*** INFORMATION SHOWN Section Begins ***

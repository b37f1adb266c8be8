-- ===== src/ControlPlane/Heap.antt =====
-- Lists of addresses, and writes through a pointer.
use lean_sandbox.Common.{
  ℕ, zero, suc, ◌≡◌, refl, ap, ◌≢◌, true, false, ◌⊎◌, inl, inr, none, some, List, [], ◌∷◌, ◌++◌,
  arith, length, get_elem?, ◌==◌, if◌then◌else◌, Bool-cases, ◌↔◌,
}
use mathlib.Core.Option
use lean_sandbox.Api.{SandboxId}
use lean_sandbox.ControlPlane.{Sandbox, modify, split_last, has_id, remove_ref}

-- The address stands in the list.
abbrev pub Has : ℕ → List ℕ → Type 0
Has a [] = ⊥
Has a (x ∷ xs) = (a ≡ x) ⊎ Has a xs

-- No address stands in the list twice.
abbrev pub Distinct : List ℕ → Type 0
Distinct [] = Unit {0}
Distinct (x ∷ xs) = ¬ Has x xs × Distinct xs

pub Has-append : (a : ℕ) (xs ys : List ℕ) → Has a (xs ++ ys) ↔ (Has a xs ⊎ Has a ys)
Has-append a [] ys = (inr, λ h. elim h [ inl f ↦ absurd f | inr g ↦ g ])
Has-append a (x ∷ xs) ys = let ih = Has-append a xs ys in ground (arith, ih)

pub Distinct-concat : (xs : List ℕ) (a : ℕ) → Distinct xs → ¬ Has a xs → Distinct (xs ++ a ∷ [])
Distinct-concat [] a d n = (λ h. h, tt)
Distinct-concat (x ∷ xs) a d n =
    let h = Has-append x xs (a ∷ []) in
    (ground (arith, h), Distinct-concat xs a d.1 (λ h. n (inr h)))

-- `split_last` fails on the empty list alone, and otherwise splits off the last address.
abbrev pub Splits : List ℕ → Type 0
Splits xs =
    ((xs ≡ []) × (split_last xs ≡ none))
    ⊎ ((rest : List ℕ) × (a : ℕ) × (xs ≡ rest ++ a ∷ []) × (split_last xs ≡ some (rest, a)))

pub split_last-Splits : (xs : List ℕ) → Splits xs
unfolding split_last
split_last-Splits [] = inl (refl, refl)
split_last-Splits (x ∷ xs) = elim (split_last-Splits xs) [
  | inl (e, s) ↦ inr ([], x, ground arith, ground arith)
  | inr (rest, a, e, s) ↦ inr (x ∷ rest, a, ground arith, ground arith)
]

pub split_last-concat : (xs : List ℕ) (a : ℕ) → split_last (xs ++ a ∷ []) ≡ some (xs, a)
unfolding split_last
split_last-concat [] a = refl
split_last-concat (x ∷ xs) a = ground (arith, split_last-concat xs a)

pub get_elem?-modify :
    (xs : List Sandbox) (i j : ℕ) (f : Sandbox → Sandbox)
    → get_elem? (modify xs i f) j
      ≡ (if i == j then Option.map f (get_elem? xs j) else get_elem? xs j)
unfolding modify
get_elem?-modify [] i j f = ground arith
get_elem?-modify (x ∷ xs) zero zero f = ground arith
get_elem?-modify (x ∷ xs) zero (suc j) f = ground arith
get_elem?-modify (x ∷ xs) (suc i) zero f = ground arith
get_elem?-modify (x ∷ xs) (suc i) (suc j) f = ground (arith, get_elem?-modify xs i j f)

pub length-modify :
    (xs : List Sandbox) (i : ℕ) (f : Sandbox → Sandbox) → length (modify xs i f) ≡ length xs
unfolding modify
length-modify [] i f = refl
length-modify (x ∷ xs) zero f = refl
length-modify (x ∷ xs) (suc i) f = ap suc (length-modify xs i f)

-- What `remove_ref` does to a list without repetition: nothing, if no address in it has the id;
-- otherwise one address with the id is out, all others stay.
abbrev pub Removes : List Sandbox → SandboxId → List ℕ → Type 0
Removes heap id xs =
    ((remove_ref heap id xs ≡ none) × ((b : ℕ) → Has b xs → has_id heap id b ≡ false))
    ⊎ ((rest : List ℕ) × (a : ℕ) × (remove_ref heap id xs ≡ some rest)
        × (has_id heap id a ≡ true)
        × Has a xs
        × ¬ Has a rest
        × ((b : ℕ) → Has b rest → Has b xs)
        × ((b : ℕ) → b ≢ a → Has b xs → Has b rest)
        × Distinct rest)

pub remove_ref-Removes :
    (heap : List Sandbox) (id : SandboxId) (xs : List ℕ) → Distinct xs → Removes heap id xs
unfolding remove_ref
remove_ref-Removes heap id [] d = inl (refl, λ b h. absurd h)
remove_ref-Removes heap id (x ∷ xs) d = elim (Bool-cases (has_id heap id x)) [
  | inl e ↦ inr (
    xs,
    x,
    rw e,
    e,
    inl refl,
    d.0,
    (λ b h. inr h),
    (λ b n h. elim h [ inl p ↦ absurd (n p) | inr k ↦ k ]),
    d.1,
  )
  | inr e ↦ elim (remove_ref-Removes heap id xs d.1) [
    | inl (r, f) ↦ inl (rw (e, r), λ b h. elim h [ inl p ↦ rw p e | inr k ↦ f b k ])
    | inr (rest, a, r, i, h, n, sub, keep, dr) ↦ inr (
      x ∷ rest,
      a,
      rw (e, r),
      i,
      inr h,
      (λ k. elim k [ inl p ↦ absurd (cc) | inr m ↦ n m ]),
      (λ b k. elim k [ inl p ↦ inl p | inr m ↦ inr (sub b m) ]),
      (λ b m k. elim k [ inl p ↦ inl p | inr q ↦ inr (keep b m q) ]),
      ((λ k. d.0 (sub x k)), dr),
    )
  ]
]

*** INFORMATION SHOWN Section Ends ***

**EXERCISE OBJECTIVE**
Restate every record exactly, leaving nothing out.

**WRITTEN SOLUTION**
repository b37f1adb266c8be8
-- ===== src/ControlPlane/Heap.antt =====
-- Lists of addresses, and writes through a pointer.
use lean_sandbox.Common.{
  ℕ, zero, suc, ◌≡◌, refl, ap, ◌≢◌, true, false, ◌⊎◌, inl, inr, none, some, List, [], ◌∷◌, ◌++◌,
  arith, length, get_elem?, ◌==◌, if◌then◌else◌, Bool-cases, ◌↔◌,
}
use mathlib.Core.Option
use lean_sandbox.Api.{SandboxId}
use lean_sandbox.ControlPlane.{Sandbox, modify, split_last, has_id, remove_ref}

-- The address stands in the list.
abbrev pub Has : ℕ → List ℕ → Type 0
Has a [] = ⊥
Has a (x ∷ xs) = (a ≡ x) ⊎ Has a xs

-- No address stands in the list twice.
abbrev pub Distinct : List ℕ → Type 0
Distinct [] = Unit {0}
Distinct (x ∷ xs) = ¬ Has x xs × Distinct xs

pub Has-append : (a : ℕ) (xs ys : List ℕ) → Has a (xs ++ ys) ↔ (Has a xs ⊎ Has a ys)
Has-append a [] ys = (inr, λ h. elim h [ inl f ↦ absurd f | inr g ↦ g ])
Has-append a (x ∷ xs) ys = let ih = Has-append a xs ys in ground (arith, ih)

pub Distinct-concat : (xs : List ℕ) (a : ℕ) → Distinct xs → ¬ Has a xs → Distinct (xs ++ a ∷ [])
Distinct-concat [] a d n = (λ h. h, tt)
Distinct-concat (x ∷ xs) a d n =
    let h = Has-append x xs (a ∷ []) in
    (ground (arith, h), Distinct-concat xs a d.1 (λ h. n (inr h)))

-- `split_last` fails on the empty list alone, and otherwise splits off the last address.
abbrev pub Splits : List ℕ → Type 0
Splits xs =
    ((xs ≡ []) × (split_last xs ≡ none))
    ⊎ ((rest : List ℕ) × (a : ℕ) × (xs ≡ rest ++ a ∷ []) × (split_last xs ≡ some (rest, a)))

pub split_last-Splits : (xs : List ℕ) → Splits xs
unfolding split_last
split_last-Splits [] = inl (refl, refl)
split_last-Splits (x ∷ xs) = elim (split_last-Splits xs) [
  | inl (e, s) ↦ inr ([], x, ground arith, ground arith)
  | inr (rest, a, e, s) ↦ inr (x ∷ rest, a, ground arith, ground arith)
]

pub split_last-concat : (xs : List ℕ) (a : ℕ) → split_last (xs ++ a ∷ []) ≡ some (xs, a)
unfolding split_last
split_last-concat [] a = refl
split_last-concat (x ∷ xs) a = ground (arith, split_last-concat xs a)

pub get_elem?-modify :
    (xs : List Sandbox) (i j : ℕ) (f : Sandbox → Sandbox)
    → get_elem? (modify xs i f) j
      ≡ (if i == j then Option.map f (get_elem? xs j) else get_elem? xs j)
unfolding modify
get_elem?-modify [] i j f = ground arith
get_elem?-modify (x ∷ xs) zero zero f = ground arith
get_elem?-modify (x ∷ xs) zero (suc j) f = ground arith
get_elem?-modify (x ∷ xs) (suc i) zero f = ground arith
get_elem?-modify (x ∷ xs) (suc i) (suc j) f = ground (arith, get_elem?-modify xs i j f)

pub length-modify :
    (xs : List Sandbox) (i : ℕ) (f : Sandbox → Sandbox) → length (modify xs i f) ≡ length xs
unfolding modify
length-modify [] i f = refl
length-modify (x ∷ xs) zero f = refl
length-modify (x ∷ xs) (suc i) f = ap suc (length-modify xs i f)

-- What `remove_ref` does to a list without repetition: nothing, if no address in it has the id;
-- otherwise one address with the id is out, all others stay.
abbrev pub Removes : List Sandbox → SandboxId → List ℕ → Type 0
Removes heap id xs =
    ((remove_ref heap id xs ≡ none) × ((b : ℕ) → Has b xs → has_id heap id b ≡ false))
    ⊎ ((rest : List ℕ) × (a : ℕ) × (remove_ref heap id xs ≡ some rest)
        × (has_id heap id a ≡ true)
        × Has a xs
        × ¬ Has a rest
        × ((b : ℕ) → Has b rest → Has b xs)
        × ((b : ℕ) → b ≢ a → Has b xs → Has b rest)
        × Distinct rest)

pub remove_ref-Removes :
    (heap : List Sandbox) (id : SandboxId) (xs : List ℕ) → Distinct xs → Removes heap id xs
unfolding remove_ref
remove_ref-Removes heap id [] d = inl (refl, λ b h. absurd h)
remove_ref-Removes heap id (x ∷ xs) d = elim (Bool-cases (has_id heap id x)) [
  | inl e ↦ inr (
    xs,
    x,
    rw e,
    e,
    inl refl,
    d.0,
    (λ b h. inr h),
    (λ b n h. elim h [ inl p ↦ absurd (n p) | inr k ↦ k ]),
    d.1,
  )
  | inr e ↦ elim (remove_ref-Removes heap id xs d.1) [
    | inl (r, f) ↦ inl (rw (e, r), λ b h. elim h [ inl p ↦ rw p e | inr k ↦ f b k ])
    | inr (rest, a, r, i, h, n, sub, keep, dr) ↦ inr (
      x ∷ rest,
      a,
      rw (e, r),
      i,
      inr h,
      (λ k. elim k [ inl p ↦ absurd (cc) | inr m ↦ n m ]),
      (λ b k. elim k [ inl p ↦ inl p | inr m ↦ inr (sub b m) ]),
      (λ b m k. elim k [ inl p ↦ inl p | inr q ↦ inr (keep b m q) ]),
      ((λ k. d.0 (sub x k)), dr),
    )
  ]
]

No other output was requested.